Many people with bipolar disorder hold down jobs, just like everyone else. We get up, swear in traffic, survive on coffee and rant about our bosses behind their backs.

But people with bipolar disorder or another mental illness have special challenges when it comes to work. We’re sick more often, we need time off for medical appointments and stress affects us more than your average person. Here are a few tips on handling work and bipolar disorder.

1. Don’t tell.

This first piece of advice is contentious, I know, but I recommend not telling anyone at work that you have bipolar disorder – not even your boss – without a very good reason. That piece of information is terribly “juicy” and telling one person means the information will eventually crawl its way around the office until everyone knows. And whether one person knows or everyone does, you will likely find out what stigma, discrimination and prejudice are all about. People will start to look at you differently and interpret your actions differently. People will stop recommending you for projects and you might even get passed over for a promotion. And that’s all assuming that more overt, illegal acts of discrimination and hate don’t happen. Is this a worst case scenario? Maybe. But it’s a real one that many people have faced and I recommend not risking it unless you really have to.

(If you do need to tell your boss, look into filing for a protection as a person with a disability. This can protect your from overt acts of discrimination.)

2. Work hard.

Perhaps it goes without saying but you should work hard at work. You should strive to work harder than others. Be on time. Turn in projects by the deadline. Create stellar work. Why? Because you are going to need more time off than others for appointments and for sick leave and you need your boss to remember you for your hard work and not your absenteeism.

3. Don’t stress.

Try not to let work stress you out. When you’re stressed you raise levels of hormones in your body and when you do this for prolonged spans of times you feel sicker and your immune system becomes comprised. Then you have two problems – you have the flu and you have bipolar disorder. Learn to meditate, practice yoga, do relaxation exercises or just go for a run.

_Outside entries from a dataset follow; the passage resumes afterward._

-- ===== src/Bhavcopy/Closes/Summary.antt =====
-- What `refresh_summary` of apps/worker/bhavcopy.py shows.
use mathlib.Core.Path.{subst}
use mathlib.Core.Option.{none-ne-some, some-injective}
use meraipo.Prelude.{
  ℕ, ◌≡◌, ◌≤◌, ◌==◌, ◌&&◌, any_of, true, Option, sym, ap, ◌∙◌, inl, inr, false, none, some, List,
  [], ◌∷◌, arith, rows_where, All, Bool-cases,
}
use meraipo.Schedule.Slots.{Exchange}
use meraipo.Bhavcopy.Closes.{
  Close, Snapshot, same_option, later_of, is_of, latest_close, high_of, highest, shows_other,
  summarise, refresh_summary,
}

summarise_exchange :
    (exchange : Exchange) (own : List Close) (t : Snapshot)
    → summarise exchange own ≡ some t
    → t.closing_exchange ≡ some exchange
unfolding summarise
summarise_exchange exchange [] t r = absurd (none-ne-some t r)
summarise_exchange exchange (c ∷ cs) t r = sym (ap (λ u. u.closing_exchange) (some-injective _ t r))

shows_same : (e exchange : Exchange) → shows_other (some e) exchange ≡ false → exchange ≡ e
shows_same e exchange h = ground arith

-- A chart stays on the exchange that it has, whichever file comes later.
refresh_summary_exchange :
    (exchange e : Exchange) (k : ℕ) (closes : List Close) (s t : Snapshot)
    → s.closing_exchange ≡ some e
    → refresh_summary exchange k closes (some s) ≡ some t
    → t.closing_exchange ≡ some e
unfolding refresh_summary
refresh_summary_exchange exchange e k closes s t h r =
    elim (Bool-cases (shows_other s.closing_exchange exchange)) [
      | inl other ↦
          sym (ap (λ u. u.closing_exchange) (some-injective s t (rw (refresh_summary, other) at r)))
          ∙ h
      | inr same ↦
          summarise_exchange exchange (rows_where (is_of exchange k) closes) t
            (rw (refresh_summary, same) at r)
          ∙ ap some (shows_same e exchange (rw h at same))
    ]

-- A close that is no later than a day and no higher than a price.
abbrev pub Within : ℕ → ℕ → Close → Type 0
Within day top c = (c.trade_date ≤ day) × (high_of c ≤ top)

abbrev top_of : List Close → ℕ
top_of cs = elim (highest cs) [ none ↦ 0 | some h ↦ h ]

abbrev last_day : List Close → ℕ
last_day cs = elim (latest_close cs) [ none ↦ 0 | some c ↦ c.trade_date ]

All-Within :
    (d e t u : ℕ) (cs : List Close) → d ≤ e → t ≤ u → All (Within d t) cs → All (Within e u) cs
All-Within d e t u [] p q a = tt
All-Within d e t u (c ∷ cs) p q ((x, y), a) =
    ((omega arith, omega arith), All-Within d e t u cs p q a)

latest-All : (cs : List Close) → All (Within (last_day cs) (top_of cs)) cs
latest-All [] = tt
latest-All (c ∷ cs) = (
  (ground arith, ground arith),
  All-Within (last_day cs) _ (top_of cs) _ cs (ground arith) (ground arith) (latest-All cs),
)

-- The closes of a company on an exchange.
abbrev pub own_closes : Exchange → ℕ → List Close → List Close
own_closes exchange k = rows_where (is_of exchange k)

abbrev pub shown_day : Snapshot → ℕ
shown_day s = elim s.price_date [ none ↦ 0 | some d ↦ d ]

abbrev pub shown_top : Snapshot → ℕ
shown_top s = elim s.ath [ none ↦ 0 | some p ↦ p ]

-- Some close of the day has the price as its close.
abbrev pub ClosesAt : ℕ → Option ℕ → List Close → Type 0
ClosesAt day price cs =
    any_of (λ c. c.trade_date == day && same_option (some c.values.prices.close) price) cs ≡ true

top_of-Reached :
    (c : Close) (cs : List Close) → any_of (λ d. high_of d == top_of (c ∷ cs)) (c ∷ cs) ≡ true
top_of-Reached c [] = ground arith
top_of-Reached c (d ∷ ds) = ground (arith, top_of-Reached d ds)

day_close-Reached :
    (c : Close) (cs : List Close)
    → let l = later_of c (latest_close cs) in
      any_of
        (λ d. d.trade_date == l.trade_date && d.values.prices.close == l.values.prices.close)
        (c ∷ cs)
      ≡ true
day_close-Reached c [] = ground arith
day_close-Reached c (d ∷ ds) = ground (arith, day_close-Reached d ds)

-- What a chart says of the closes that it is made of: its day is the latest, its price the close of
-- that day, and its all-time high the highest of the highs.
pub record Shows (t : Snapshot) (own : List Close) : Type 0 where
  pub bounds : All (Within (shown_day t) (shown_top t)) own
  pub top : any_of (λ c. high_of c == shown_top t) own ≡ true
  pub latest : ClosesAt (shown_day t) t.cmp own

summarise-Shows :
    (exchange : Exchange) (own : List Close) (t : Snapshot)
    → summarise exchange own ≡ some t
    → Shows t own
unfolding summarise
summarise-Shows exchange [] t r = absurd (none-ne-some t r)
summarise-Shows exchange (c ∷ cs) t r =
    subst (λ u. Shows u (c ∷ cs)) (some-injective _ t r)
      (record {
        bounds = latest-All (c ∷ cs);
        top = top_of-Reached c cs;
        latest = day_close-Reached c cs;
      })

-- A chart that is refreshed from a company's closes on its exchange shows the latest of their days,
-- the close of that day, and as the all-time high the highest of their highs: no close is of a later
-- day or has a higher high, and some close has each.
pub refresh_summary-Shows :
    (exchange : Exchange) (k : ℕ) (closes : List Close) (s t : Snapshot)
    → shows_other s.closing_exchange exchange ≡ false
    → refresh_summary exchange k closes (some s) ≡ some t
    → Shows t (own_closes exchange k closes)
unfolding refresh_summary
refresh_summary-Shows exchange k closes s t same r =
    summarise-Shows exchange (own_closes exchange k closes) t (rw (refresh_summary, same) at r)
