-- ===== src/Bhavcopy/Matching/Counted.antt =====
-- What `preview` of apps/worker/bhavcopy.py makes of the rows of a file.
use meraipo.Prelude.{
  ℕ, suc, ◌+◌, ◌≡◌, ◌≤◌, refl, inl, inr, Bool, true, not, List, [], ◌∷◌, ◌++◌, arith, count_where,
  rows_where, map, length, length-append, All, Bool-cases,
}
use meraipo.Schedule.Slots.{Exchange}
use meraipo.Bhavcopy.Fields.{Row, Reject}
use meraipo.Bhavcopy.Matching.{
  Company, Identifier, Match, unmatched, conflict, matched, match_row, Matched, Sorted, add_match,
  sort_rows, of_company, repeats, reject_repeat, preview,
}

rows_partition :
    (q : Matched → Bool) (xs : List Matched)
    → length (rows_where (λ r. not (q r)) xs) + length (rows_where q xs) ≡ length xs
rows_partition q [] = refl
rows_partition q (x ∷ xs) = ground (arith, rows_partition q xs)

length-map_reject : (rows : List Matched) → length (map reject_repeat rows) ≡ length rows
length-map_reject [] = refl
length-map_reject (r ∷ rs) = omega (arith, length-map_reject rs)

abbrev size : Sorted → ℕ
size s = length s.rows + length s.conflicts + s.unmatched

size-add_match : (row : Row) (x : Match) (s : Sorted) → size (add_match row x s) ≡ suc (size s)
size-add_match row unmatched s = omega arith
size-add_match row (conflict c) s = omega arith
size-add_match row (matched k) s = omega arith

size-sort_rows :
    (exchange : Exchange) (companies : List Company) (ids : List Identifier) (rows : List Row)
    → size (sort_rows exchange companies ids rows) ≡ length rows
unfolding sort_rows
size-sort_rows exchange companies ids [] = refl
size-sort_rows exchange companies ids (row ∷ rows) = omega (
  arith,
  size-add_match row (match_row exchange companies ids row) (sort_rows exchange companies ids rows),
  size-sort_rows exchange companies ids rows,
)

-- No row is lost and none is counted twice: the matched, the unmatched and the rejected rows are
-- together the rows of the file with the errors that it had.
pub preview_conserves :
    (exchange : Exchange) (companies : List Company) (ids : List Identifier) (rows : List Row)
    (errors : List Reject) (total : ℕ)
    → length (preview exchange companies ids rows errors total).matched
        + (preview exchange companies ids rows errors total).unmatched
        + length (preview exchange companies ids rows errors total).errors
      ≡ length rows + length errors
unfolding preview
preview_conserves exchange companies ids rows errors total =
    let s = sort_rows exchange companies ids rows in
    let doubled = rows_where (repeats s.rows) s.rows in
    omega (
      arith,
      rows_partition (repeats s.rows) s.rows,
      length-append errors (s.conflicts ++ map reject_repeat doubled),
      length-append (errors ++ s.conflicts) (map reject_repeat doubled),
      length-append errors s.conflicts,
      length-append s.conflicts (map reject_repeat doubled),
      length-map_reject doubled,
      size-sort_rows exchange companies ids rows,
    )

-- A company of some matched rows has one row among them.
abbrev pub IsOnly : List Matched → Matched → Type 0
IsOnly rows q = count_where (of_company q.company) rows ≤ 1

count_where-rows_where :
    (p q : Matched → Bool) (xs : List Matched) → count_where p (rows_where q xs) ≤ count_where p xs
count_where-rows_where p q [] = omega arith
count_where-rows_where p q (x ∷ xs) = ground (arith, count_where-rows_where p q xs)

All-rows_where :
    (P : Matched → Type 0) (q : Matched → Bool) (xs : List Matched)
    → ((r : Matched) → q r ≡ true → P r)
    → All P (rows_where q xs)
All-rows_where P q [] f = tt
All-rows_where P q (x ∷ xs) f = elim (Bool-cases (q x)) [
  | inl y ↦ rw y (f x y, All-rows_where P q xs f)
  | inr n ↦ rw n (All-rows_where P q xs f)
]

single_once :
    (rows : List Matched) (q : Matched)
    → not (repeats rows q) ≡ true
    → count_where (of_company q.company) rows ≤ 1
single_once rows q h = ground arith

-- No company gets two rows of one file.
preview_once :
    (exchange : Exchange) (companies : List Company) (ids : List Identifier) (rows : List Row)
    (errors : List Reject) (total : ℕ)
    → All
        (IsOnly (preview exchange companies ids rows errors total).matched)
        (preview exchange companies ids rows errors total).matched
unfolding preview
preview_once exchange companies ids rows errors total =
    let s = sort_rows exchange companies ids rows in
    All-rows_where _ _ s.rows (λ q h. omega (
      arith,
      count_where-rows_where (of_company q.company) (λ r. not (repeats s.rows r)) s.rows,
      single_once s.rows q h,
    ))
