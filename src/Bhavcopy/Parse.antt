-- ===== src/Bhavcopy/Parse.antt =====
-- `parse` of packages/providers/bhavcopy.py: a file is refused as a whole where a line belongs to
-- another day, exchange or segment; lines of one security never overwrite each other.
pub mod Unique
use meraipo.Prelude.{
  ℕ, ◌+◌, Bool, true, false, not, ◌&&◌, ◌||◌, Option, none, some, List, [], ◌∷◌, ◌++◌, ltb, ◌==◌,
  if◌then◌else◌, opt_is, count_where, rows_where, map,
}
use meraipo.Schedule.Slots.{Exchange, nse, bse}
use meraipo.Bhavcopy.Fields.{
  Line, Row, Reject, ambiguous_security_rows, Verdict, skipped, taken, refused, judge, is_nse,
}

pub data FileError : Type 0 where
  schema_changed too_many_rows malformed_row invalid_trade_date wrong_trade_date
        wrong_exchange_or_segment empty_file :
      FileError

-- The loop's result: it raised, or its records and its errors, each in the order of the file, and the
-- count.
pub data Scan : Type 0 where
  raised : FileError → Scan
  scanned : List Row → List Reject → ℕ → Scan

abbrev pub same_exchange : Option Exchange → Exchange → Bool
same_exchange none e = false
same_exchange (some s) e = (is_nse s && is_nse e) || (not (is_nse s) && not (is_nse e))

-- The tests that refuse the whole file, on the line that `enumerate` counts as `count`.
unfoldable pub file_error : Exchange → ℕ → ℕ → Line → Option FileError
file_error exchange day count l =
    if ltb 100000 count
    then some too_many_rows
    else if not l.intact
    then some malformed_row
    else elim l.trade_date [
      | none ↦ some invalid_trade_date
      | some actual ↦
          if not (actual == day)
          then some wrong_trade_date
          else if not (same_exchange l.source exchange && l.cash_market)
          then some wrong_exchange_or_segment
          else none
    ]

abbrev pub add_verdict : Verdict → Scan → Scan
add_verdict v (raised e) = raised e
add_verdict skipped (scanned rows rejects n) = scanned rows rejects n
add_verdict (taken row) (scanned rows rejects n) = scanned (row ∷ rows) rejects n
add_verdict (refused r) (scanned rows rejects n) = scanned rows (r ∷ rejects) n

-- A line with what refuses the file at it, before the later lines.
abbrev pub add_line : Option FileError → Verdict → Scan → Scan
add_line (some e) v rest = raised e
add_line none v rest = add_verdict v rest

-- The loop, from the count of lines read before on.
unfoldable pub scan_lines : Exchange → ℕ → ℕ → List Line → Scan
scan_lines exchange day count [] = scanned [] [] count
scan_lines exchange day count (l ∷ ls) =
    add_line (file_error exchange day (count + 1) l) (judge exchange (count + 2) l)
      (scan_lines exchange day (count + 1) ls)

abbrev pub row_isin : ℕ → Row → Bool
row_isin k r = r.isin == k

abbrev pub reject_isin : ℕ → Reject → Bool
reject_isin k r = r.isin == k

-- `Counter(r["isin"] for r in records + errors)`
abbrev pub mentions : List Row → List Reject → ℕ → ℕ
mentions rows rejects k = count_where (row_isin k) rows + count_where (reject_isin k) rejects

abbrev pub ambiguous : List Row → List Reject → Row → Bool
ambiguous rows rejects r = ltb 1 (mentions rows rejects r.isin)

abbrev pub reject_ambiguous : Row → Reject
reject_ambiguous r = record { line = r.line; isin = r.isin; code = ambiguous_security_rows }

-- The rows whose security is mentioned once, and the errors with those of the others.
unfoldable pub split_duplicates : List Row → List Reject → ℕ → Scan
split_duplicates rows rejects n =
    scanned (rows_where (λ r. not (ambiguous rows rejects r)) rows)
      (rejects ++ map reject_ambiguous (rows_where (ambiguous rows rejects) rows)) n

finish_scan : Scan → Scan
unfolding split_duplicates
finish_scan (raised e) = raised e
finish_scan (scanned rows rejects n) =
    if n == 0 then raised empty_file else split_duplicates rows rejects n

-- `columns` says whether the header has the required columns, each once.
unfoldable pub parse : Bool → Exchange → ℕ → List Line → Scan
unfolding finish_scan
parse columns exchange day lines =
    if columns then finish_scan (scan_lines exchange day 0 lines) else raised schema_changed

4. Take the time you need.

Yup, you want your boss to think of you as a good employee but that doesn’t mean that you shouldn’t take the sick time you need and that you’ve earned. When you’re sick just admit it and stay home. It’s okay. It’ll be much better for you in the long run than trying to “power through” and making yourself worse for weeks or even months to come.

5. Be discrete.

When you need to take time off, understand that you don’t need to say why you’re sick, only that you are. It’s perfectly okay to need to take time for a psychiatrist’s appointment in many workplaces but you don’t need to tell people that’s what you’re doing. When you need to take time off because you’re too depressed, you don’t need to tell anyone that’s why you’re staying home – you just need to say that you’re sick. The details are your business.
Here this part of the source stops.